==== DATA EXCERPTS ====

-- ===== src/Resolve/Merge.antt =====
-- What DistributedDBNode.cpp makes of the reported graphs: their sum, its part between active
-- transactions, and an abort for each cycle in it.
use hawk_txn.Common.{
  ◌≡◌, refl, Bool, false, ◌&&◌, ◌||◌, List, [], ◌∷◌, ◌==◌, elem, arith, Bool-cases, ap, sym, ◌∙◌,
  inl, inr,
}
use hawk_txn.Map
use hawk_txn.Map.{Map, IsUnique, get_or-contains}
use hawk_txn.Types.{TransactionId}
use hawk_txn.Detector.{Wfg}
use hawk_txn.LockTable.Edges.{has_edge, has_edge-push_back, same_elem}
use hawk_txn.Resolve.{
  convert_wfg_to_message_format, merge_targets, merge_wfg, prune_targets, prune_graph,
}

merge_targets_lem :
    (k u v : TransactionId) (vs : List TransactionId) (g : Wfg)
    → has_edge (merge_targets k vs g) u v ≡ has_edge g u v || (k == u && elem v vs)
unfolding merge_targets
merge_targets_lem k u v [] g = ground arith
merge_targets_lem k u v (x ∷ vs) g =
    merge_targets_lem k u v vs (Map.push_back k x g)
    ∙ rw (has_edge-push_back k x u v g) (ground arith)

-- One of the pairs lists the edge.
abbrev pub listed : TransactionId → TransactionId → List (TransactionId × List TransactionId) → Bool
listed u v [] = false
listed u v ((k, vs) ∷ ps) = (k == u && elem v vs) || listed u v ps

pub merge_wfg_lem :
    (u v : TransactionId) (ps : List (TransactionId × List TransactionId)) (g : Wfg)
    → has_edge (merge_wfg g ps) u v ≡ has_edge g u v || listed u v ps
unfolding merge_wfg
merge_wfg_lem u v [] g = ground arith
merge_wfg_lem u v ((k, vs) ∷ ps) g =
    merge_wfg_lem u v ps (merge_targets k vs g) ∙ rw (merge_targets_lem k u v vs g) (ground arith)

listed-absent :
    (u v : TransactionId) (g : Wfg)
    → Map.contains u g ≡ false
    → listed u v (convert_wfg_to_message_format g) ≡ false
unfolding convert_wfg_to_message_format
listed-absent u v [] h = refl
listed-absent u v ((k, vs) ∷ g) h = ground (arith, listed-absent u v g, h)

listed-convert :
    (u v : TransactionId) (g : Wfg)
    → IsUnique g
    → listed u v (convert_wfg_to_message_format g) ≡ has_edge g u v
unfolding convert_wfg_to_message_format
listed-convert u v [] q = refl
listed-convert u v ((k, vs) ∷ g) q = elim (Bool-cases (k == u)) [
  | inr other ↦ ground (arith, listed-convert u v g q.1, other)
  | inl here ↦
      let e : k ≡ u = ground arith in
      let gone : Map.contains u g ≡ false = ap (λ i. Map.contains i g) (sym e) ∙ q.0 in
      ground (arith, here, listed-absent u v g gone)
]

-- A report that a node converts and another merges adds exactly the edges of the graph reported, in
-- which each transaction stands once, and loses none of those that were there.
pub merge_report_lem :
    (target g : Wfg) (u v : TransactionId)
    → IsUnique g
    → has_edge (merge_wfg target (convert_wfg_to_message_format g)) u v
      ≡ has_edge target u v || has_edge g u v
merge_report_lem target g u v q =
    merge_wfg_lem u v (convert_wfg_to_message_format g) target
    ∙ ap (λ b. has_edge target u v || b) (listed-convert u v g q)

prune_targets_lem :
    (active : List TransactionId) (k u v : TransactionId) (vs : List TransactionId) (g : Wfg)
    → has_edge (prune_targets active k vs g) u v
      ≡ has_edge g u v || ((k == u && elem v vs) && elem v active)
unfolding prune_targets
prune_targets_lem active k u v [] g = ground arith
prune_targets_lem active k u v (x ∷ vs) g = elim (Bool-cases (elem x active)) [
  | inl counts ↦
      rw (counts, prune_targets)
        (prune_targets_lem active k u v vs (Map.push_back k x g)
          ∙ rw (has_edge-push_back k x u v g) (ground (arith, counts, same_elem x v active)))
  | inr out ↦
      rw (out, prune_targets)
        (prune_targets_lem active k u v vs g ∙ ground (arith, out, same_elem x v active))
]

prune_graph_lem :
    (active : List TransactionId) (u v : TransactionId) (graph g : Wfg)
    → has_edge (prune_graph active graph g) u v
      ≡ has_edge g u v
        || (listed u v (convert_wfg_to_message_format graph) && (elem u active && elem v active))
unfolding prune_graph convert_wfg_to_message_format
prune_graph_lem active u v [] g = ground arith
prune_graph_lem active u v ((k, vs) ∷ graph) g = elim (Bool-cases (elem k active)) [
  | inl counts ↦
      rw (counts, prune_graph)
        (prune_graph_lem active u v graph (prune_targets active k vs g)
          ∙ rw (prune_targets_lem active k u v vs g) (ground (arith, counts, same_elem k u active)))
  | inr out ↦
      rw (out, prune_graph)
        (prune_graph_lem active u v graph g ∙ ground (arith, out, same_elem k u active))
]

-- The graph that checkAndResolveDeadlocks searches has exactly the edges of the aggregated graph, in
-- which each transaction stands once, between transactions that are active on this node.
pub prune_active_lem :
    (active : List TransactionId) (graph : Wfg) (u v : TransactionId)
    → IsUnique graph
    → has_edge (prune_graph active graph []) u v
      ≡ has_edge graph u v && (elem u active && elem v active)
prune_active_lem active graph u v q =
    prune_graph_lem active u v graph []
    ∙ ap (λ b. b && (elem u active && elem v active)) (listed-convert u v graph q)
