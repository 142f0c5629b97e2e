-- ===== src/Central/Tests.antt =====
-- A round of reports to the central node in DistributedDBNode.cpp.
use hawk_txn.Common.{true, ◌+◌, ◌++◌, ◌||◌, length, ℕ, ◌≡◌, refl, some, List, [], ◌∷◌, arith}
use hawk_txn.Common.Int.{pos, ◌+ℤ◌}
use hawk_txn.Map
use hawk_txn.Map.{Map}
use hawk_txn.Types.{TransactionId}
use hawk_txn.Detector.{find_cycles, dfs, follow, follow_all, report, enter, leave, set_parent}
use hawk_txn.Resolve.{merge_wfg, merge_targets}
use hawk_txn.LockTable.Edges.{has_edge}
use hawk_txn.Message.{NetworkMessage}
use hawk_txn.Central.{CentralState, no_reports, handle_central_wfg_report_from_zone}
use hawk_txn.Central.Round.{
  ZoneReport, handle_zone_reports, merged, reported, zone_cycles, zone_total, IsReport,
  zone_round_lem,
}

-- One zone found a cycle of 1 and 2, the other only an edge.
abbrev first : ZoneReport
first = record { pairs = (1, 2 ∷ []) ∷ (2, 1 ∷ []) ∷ []; cycles = (1 ∷ 2 ∷ []) ∷ []; count = pos 1 }

abbrev second : ZoneReport
second = record { pairs = (3, 1 ∷ []) ∷ []; cycles = []; count = pos 0 }

abbrev reports : List ZoneReport
reports = first ∷ second ∷ []

found : (r : List (List TransactionId) × Map ℕ) × (find_cycles 9 9 (merged [] reports) ≡ some r)
unfolding enter leave set_parent report follow follow_all dfs find_cycles merge_wfg merge_targets
    Map.assign
found = (_, refl)

zone_round_lem_example :
    (open_round : CentralState) × (m : NetworkMessage) × (handle_zone_reports 9 9 1 2 no_reports
        (first ∷ [])
      ≡ some (open_round, []))
    × (handle_central_wfg_report_from_zone 9 9 true 1 2 open_round ((3, 1 ∷ []) ∷ []) [] (pos 0)
        ≡ some (
          record {
            central_aggregated_wfg = [];
            central_wfg_reports_received = 0;
            central_deadlock_count = 0;
            central_detected_cycles = [];
            total_deadlocks_from_zones = zone_total (pos 0) reports;
            total_deadlocks_from_central = pos 0 +ℤ pos (length found.0.0);
          },
          m ∷ [],
        ))
    × IsReport 1 ([] ++ (zone_cycles reports ++ found.0.0)) (0 + length found.0.0) m
    × ((u v : TransactionId)
        → has_edge (merged [] reports) u v ≡ has_edge [] u v || reported u v reports)
zone_round_lem_example =
    zone_round_lem 9 9 1 2 no_reports (first ∷ []) second found.0.0 found.0.1 (omega arith) found.1
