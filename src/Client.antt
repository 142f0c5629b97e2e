-- ===== src/Client.antt =====
-- DistributedDBNode.cpp: the requests of a client to the central node. handleClientCollectWFGRequest
-- has an empty body but for an empty loop.
use hawk_txn.Common.{Bool, List, [], ◌∷◌, ◌++◌, if◌then◌else◌}
use hawk_txn.Common.Int.{pos}
use hawk_txn.Types.{NodeId, TransactionId}
use hawk_txn.Message.{NetworkMessage, blank, deadlock_report_to_client}
use hawk_txn.Transaction.{TransactionManager}
use hawk_txn.Resolve.{abort_victim}
use hawk_txn.Central.{CentralState, central_report}

-- handleClientPrintDeadlockRequest
unfoldable pub handle_client_print_deadlock_request :
    Bool → NodeId → CentralState → NodeId → List NetworkMessage
handle_client_print_deadlock_request central n s client =
    if central
    then central_report n client s.central_detected_cycles s.central_deadlock_count ∷ []
    else []

abbrev pub confirmation_message : NodeId → NodeId → NetworkMessage
confirmation_message sender client = record blank {
  type = deadlock_report_to_client;
  sender_id = sender;
  receiver_id = client;
  deadlock_count = pos 0;
}

-- handleClientResolveDeadlockRequest
unfoldable pub handle_client_resolve_deadlock_request :
    Bool → TransactionManager → TransactionId → NodeId → List NetworkMessage
unfolding abort_victim
handle_client_resolve_deadlock_request central tm victim client =
    if central then abort_victim tm victim ++ confirmation_message tm.node_id client ∷ [] else []
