-- ===== src/Resolve/Probe.antt =====
-- handlePathPushingProbe of DistributedDBNode.cpp: a probe that follows the first holder of the
-- resource that the last transaction of its path waits for.
use hawk_txn.Common.{
  ◌≡◌, ◌≢◌, refl, Bool, true, false, not, ◌&&◌, Option, some, none, List, [], ◌∷◌, ◌++◌, ◌==◌,
  if◌then◌else◌, ◌>>=◌, elem, last?, arith, Bool-cases, inl, inr, Option-cases,
}
use hawk_txn.Types.{NodeId, TransactionId}
use hawk_txn.Message.{NetworkMessage, blank, path_pushing_probe}
use hawk_txn.Resource.{Holders, get_resource_holders}
use hawk_txn.Transaction.{
  TransactionManager, get_transaction, is_blocked, get_transaction_home_node,
}
use hawk_txn.Resolve.{candidates_of, select_victim, abort_victim, report_message}

abbrev pub probe_message : NodeId → NodeId → List TransactionId → NetworkMessage
probe_message sender home path = record blank {
  type = path_pushing_probe;
  sender_id = sender;
  receiver_id = home;
  path = path;
}

-- The second half, from the first of the holders on.
unfoldable pub push_probe :
    Bool → TransactionManager → List TransactionId → Holders → Option (List NetworkMessage)
unfolding select_victim abort_victim
push_probe central tm path [] = some []
push_probe central tm path ((x, mode) ∷ hs) = elim (elem x path) [
  | true ↦ do
    victim ← select_victim (path ++ x ∷ []) []
    some (
        abort_victim tm victim
        ++ (if central then report_message tm.node_id ((path ++ x ∷ []) ∷ []) ∷ [] else []))
  | false ↦ some (
      if get_transaction_home_node tm x == 0
      then []
      else probe_message tm.node_id (get_transaction_home_node tm x) (path ++ x ∷ []) ∷ [])
]

-- handlePathPushingProbe
unfoldable pub handle_path_pushing_probe :
    Bool → TransactionManager → List TransactionId → Option (List NetworkMessage)
unfolding push_probe
handle_path_pushing_probe central tm path = elim (last? path) [
  | none ↦ some []
  | some t ↦ elim (get_transaction tm t) [
    | none ↦ some []
    | some trans ↦ elim (is_blocked trans.status && not (trans.waiting_for_resource_id == 0)) [
      | false ↦ some []
      | true ↦
          push_probe central tm path
            (get_resource_holders tm.resource_manager trans.waiting_for_resource_id)
    ]
  ]
]

pub no_frequencies :
    (path : List TransactionId) (x : TransactionId) → select_victim (path ++ x ∷ []) [] ≡ none
unfolding select_victim candidates_of
no_frequencies [] x = refl
no_frequencies (t ∷ path) x = refl

-- The transaction that blocks the last one of a path, as far as this node knows: the first holder of the
-- resource that it waits for.
abbrev pub first_holder : Holders → Option TransactionId
first_holder [] = none
first_holder ((x, mode) ∷ hs) = some x

abbrev pub blocker : TransactionManager → List TransactionId → Option TransactionId
blocker tm path = do
  t ← last? path
  trans ← get_transaction tm t
  (if is_blocked trans.status && not (trans.waiting_for_resource_id == 0)
      then first_holder (get_resource_holders tm.resource_manager trans.waiting_for_resource_id)
      else none)

-- The probe that goes on to the home of `x`.
abbrev pub IsProbeOn :
    TransactionManager → List TransactionId → TransactionId → NetworkMessage → Type 0
IsProbeOn tm path x m =
    (m.type ≡ path_pushing_probe)
    × (m.sender_id ≡ tm.node_id)
    × (m.receiver_id ≡ get_transaction_home_node tm x)
    × (m.path ≡ path ++ x ∷ [])

-- What becomes of a probe.
pub data Probed (tm : TransactionManager) (path : List TransactionId)
    : Option (List NetworkMessage) → Type 0 where
  ends : blocker tm path ≡ none → Probed tm path (some [])
  throws : (x : TransactionId) → blocker tm path ≡ some x → elem x path ≡ true → Probed tm path none
  lost :
      (x : TransactionId)
      → blocker tm path ≡ some x
      → elem x path ≡ false
      → get_transaction_home_node tm x ≡ 0
      → Probed tm path (some [])
  pushed :
      (x : TransactionId) (m : NetworkMessage)
      → blocker tm path ≡ some x
      → elem x path ≡ false
      → get_transaction_home_node tm x ≢ 0
      → IsProbeOn tm path x m
      → Probed tm path (some (m ∷ []))

push_probe-Probed :
    (central : Bool) (tm : TransactionManager) (path : List TransactionId) (hs : Holders)
    → blocker tm path ≡ first_holder hs
    → Probed tm path (push_probe central tm path hs)
unfolding push_probe
push_probe-Probed central tm path [] e = ends e
push_probe-Probed central tm path ((x, mode) ∷ hs) e = elim (Bool-cases (elem x path)) [
  | inl cycle ↦ rw (cycle, push_probe) (rw (no_frequencies path x) (throws x e cycle))
  | inr open_path ↦
      rw (open_path, push_probe)
        (elim (Bool-cases (get_transaction_home_node tm x == 0)) [
          | inl away ↦ rw away (lost x e open_path (ground arith))
          | inr known ↦ rw known (pushed x _ e open_path (ground arith) (refl, refl, refl, refl))
        ])
]

-- For every path, on every node: the probe ends where the last transaction of the path is not active, not
-- blocked, waits for no resource or for one that nobody holds. If the first holder of that resource is
-- on the path, a cycle, the handler throws, and nobody is chosen as a victim, on the central node as well.
-- Else the handler makes one message, a probe with the path and the holder at its end, addressed to the
-- home of the holder, or none if this node does not know its home.
pub probe_lem :
    (central : Bool) (tm : TransactionManager) (path : List TransactionId)
    → Probed tm path (handle_path_pushing_probe central tm path)
unfolding handle_path_pushing_probe
probe_lem central tm path = elim (Option-cases (last? path)) [
  | inl e ↦ rw (e, handle_path_pushing_probe) (ends (rw e refl))
  | inr (t, e) ↦
      rw (e, handle_path_pushing_probe)
        (elim (Option-cases (get_transaction tm t)) [
          | inl gone ↦ rw gone (ends (rw e (rw gone refl)))
          | inr (trans, there) ↦
              rw there
                (elim (Bool-cases
                  (is_blocked trans.status && not (trans.waiting_for_resource_id == 0))) [
                    | inr idle ↦ rw idle (ends (rw e (rw there (rw idle refl))))
                    | inl waits ↦
                        rw waits
                          (push_probe-Probed central tm path _ (rw e (rw there (rw waits refl))))
                  ])
        ])
]
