-- ===== src/Collect.antt =====
-- DistributedDBNode.cpp: how a node collects the wait-for graphs of a round and what it does with the
-- messages about aborts. The duration that abortTransaction stores is an input, the same for all.
pub mod Round
pub mod Tests
use hawk_txn.Common.{
  ℕ, zero, suc, ◌+◌, Bool, true, false, not, ◌&&◌, Option, some, none, List, [], ◌∷◌, ◌++◌, ◌==◌,
  if◌then◌else◌, ◌>>=◌, leb, is_empty, length,
}
use hawk_txn.Common.Int.{ℤ, pos}
use hawk_txn.Map
use hawk_txn.Map.{Map}
use hawk_txn.Types.{NodeId, TransactionId, centralized_node_id}
use hawk_txn.Message.{
  NetworkMessage, blank, zone_wfg_report, central_wfg_report_from_zone, path_pushing_probe,
}
use hawk_txn.Transaction.{
  Transaction, TransactionManager, get_active_transactions, get_transaction, is_blocked,
  abort_transaction,
}
use hawk_txn.LockTable.{build_and_prune_local_wait_for_graph}
use hawk_txn.Detector.{Wfg, find_cycles}
use hawk_txn.Resolve.{
  merge_wfg, convert_wfg_to_message_format, prune_graph, resolve_cycles,
  check_and_resolve_deadlocks,
}
use hawk_txn.Resolve.Probe.{probe_message}

-- `aggregatedWfg_` and the counters of the round.
pub record Collector : Type 0 where
  pub aggregated_wfg : Wfg
  pub wfg_reports_received : ℕ
  pub wfg_reports_expected : ℕ

-- The part that handleWFGReport and handleZoneWFGReport share: the graph to search, if the round is
-- complete, and then the counters start again.
unfoldable pub count_report :
    Collector → List (TransactionId × List TransactionId) → Collector × Option Wfg
unfolding merge_wfg
count_report c pairs =
    let merged = merge_wfg c.aggregated_wfg pairs in
    if leb c.wfg_reports_expected (c.wfg_reports_received + 1)
    then (record c { aggregated_wfg = []; wfg_reports_received = 0 }, some merged)
    else (
      record c { aggregated_wfg = merged; wfg_reports_received = c.wfg_reports_received + 1 },
      none,
    )

-- The search of a complete round in handleWFGReport.
unfoldable pub search_due :
    ℕ → ℕ → TransactionManager → Collector × Option Wfg → Option (Collector × List NetworkMessage)
unfolding check_and_resolve_deadlocks
search_due w fuel tm (c, none) = some (c, [])
search_due w fuel tm (c, some merged) = do
  ms ← check_and_resolve_deadlocks w fuel true tm merged
  some (c, ms)

-- handleWFGReport
unfoldable pub handle_wfg_report :
    ℕ → ℕ → Bool → TransactionManager → Collector → Wfg → Option (Collector × List NetworkMessage)
unfolding count_report search_due convert_wfg_to_message_format
handle_wfg_report w fuel central tm c g =
    if central
    then search_due w fuel tm (count_report c (convert_wfg_to_message_format g))
    else some (c, [])

-- The report that a zone's leader sends to the central node; an empty one if there is no graph.
abbrev pub zone_report :
    NodeId → List (TransactionId × List TransactionId) → List (List TransactionId) → NetworkMessage
zone_report sender pairs cycles = record blank {
  type = central_wfg_report_from_zone;
  sender_id = sender;
  receiver_id = centralized_node_id;
  wfg_data_pairs = pairs;
  detected_cycles = cycles;
  deadlock_count = pos (length cycles);
}

-- The test before it: `hawk` is whether DEADLOCK_DETECTION_MODE is MODE_HAWK.
abbrev pub report_if : Bool → NodeId → NetworkMessage → List NetworkMessage
report_if hawk leader m = if hawk && not (leader == centralized_node_id) then m ∷ [] else []

-- checkAndResolveDeadlocksForZone
unfoldable pub check_and_resolve_deadlocks_for_zone :
    ℕ → ℕ → Bool → NodeId → TransactionManager → Wfg → Option (List NetworkMessage)
unfolding prune_graph resolve_cycles find_cycles convert_wfg_to_message_format
check_and_resolve_deadlocks_for_zone w fuel hawk leader tm graph =
    let pruned = prune_graph (get_active_transactions tm) graph [] in
    elim (is_empty pruned) [
      | true ↦ some (report_if hawk leader (zone_report tm.node_id [] []))
      | false ↦ do
        (cycles, freq) ← find_cycles w fuel pruned
        aborts ← resolve_cycles tm freq cycles
        some (
            aborts
            ++ report_if hawk leader
                (zone_report tm.node_id (convert_wfg_to_message_format pruned) cycles))
    ]

-- The search of a complete round in handleZoneWFGReport.
unfoldable pub search_zone_due :
    ℕ
    → ℕ
    → Bool
    → TransactionManager
    → Collector × Option Wfg
    → Option (Collector × List NetworkMessage)
unfolding check_and_resolve_deadlocks_for_zone
search_zone_due w fuel hawk tm (c, none) = some (c, [])
search_zone_due w fuel hawk tm (c, some merged) = do
  ms ← check_and_resolve_deadlocks_for_zone w fuel hawk tm.node_id tm merged
  some (c, ms)

-- handleZoneWFGReport; `leads` is isZoneLeader.
unfoldable pub handle_zone_wfg_report :
    ℕ
    → ℕ
    → Bool
    → Bool
    → TransactionManager
    → Collector
    → List (TransactionId × List TransactionId)
    → Option (Collector × List NetworkMessage)
unfolding count_report search_zone_due
handle_zone_wfg_report w fuel hawk leads tm c pairs =
    if leads then search_zone_due w fuel hawk tm (count_report c pairs) else some (c, [])

-- handleZoneDetectionRequest
unfoldable pub handle_zone_detection_request : TransactionManager → NodeId → NetworkMessage
unfolding build_and_prune_local_wait_for_graph convert_wfg_to_message_format
handle_zone_detection_request tm central = record blank {
  type = zone_wfg_report;
  sender_id = tm.node_id;
  receiver_id = central;
  wfg_data_pairs =
      convert_wfg_to_message_format
        (build_and_prune_local_wait_for_graph (get_active_transactions tm) tm);
}

-- handleDeadlockResolution and handleAbortTransactionSignal
unfoldable pub abort_all : ℤ → List TransactionId → TransactionManager → TransactionManager
unfolding abort_transaction
abort_all d [] tm = tm
abort_all d (t ∷ ts) tm = abort_all d ts (abort_transaction d t tm).manager

-- The loop of initiatePathPushingProbes: what is put into the node's own queue.
unfoldable pub probes_for : TransactionManager → List TransactionId → List NetworkMessage
probes_for tm [] = []
probes_for tm (t ∷ ts) = elim (get_transaction tm t) [
  | none ↦ probes_for tm ts
  | some trans ↦
      if is_blocked trans.status
      then probe_message tm.node_id tm.node_id (t ∷ []) ∷ probes_for tm ts
      else probes_for tm ts
]

-- initiatePathPushingProbes
unfoldable pub initiate_path_pushing_probes : TransactionManager → List NetworkMessage
unfolding probes_for
initiate_path_pushing_probes tm = probes_for tm (get_active_transactions tm)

====

- [WORK TASK]:
Say how many lines of the listing above contain "record", giving nothing but the number.

- [TASK OUTPUT]:
10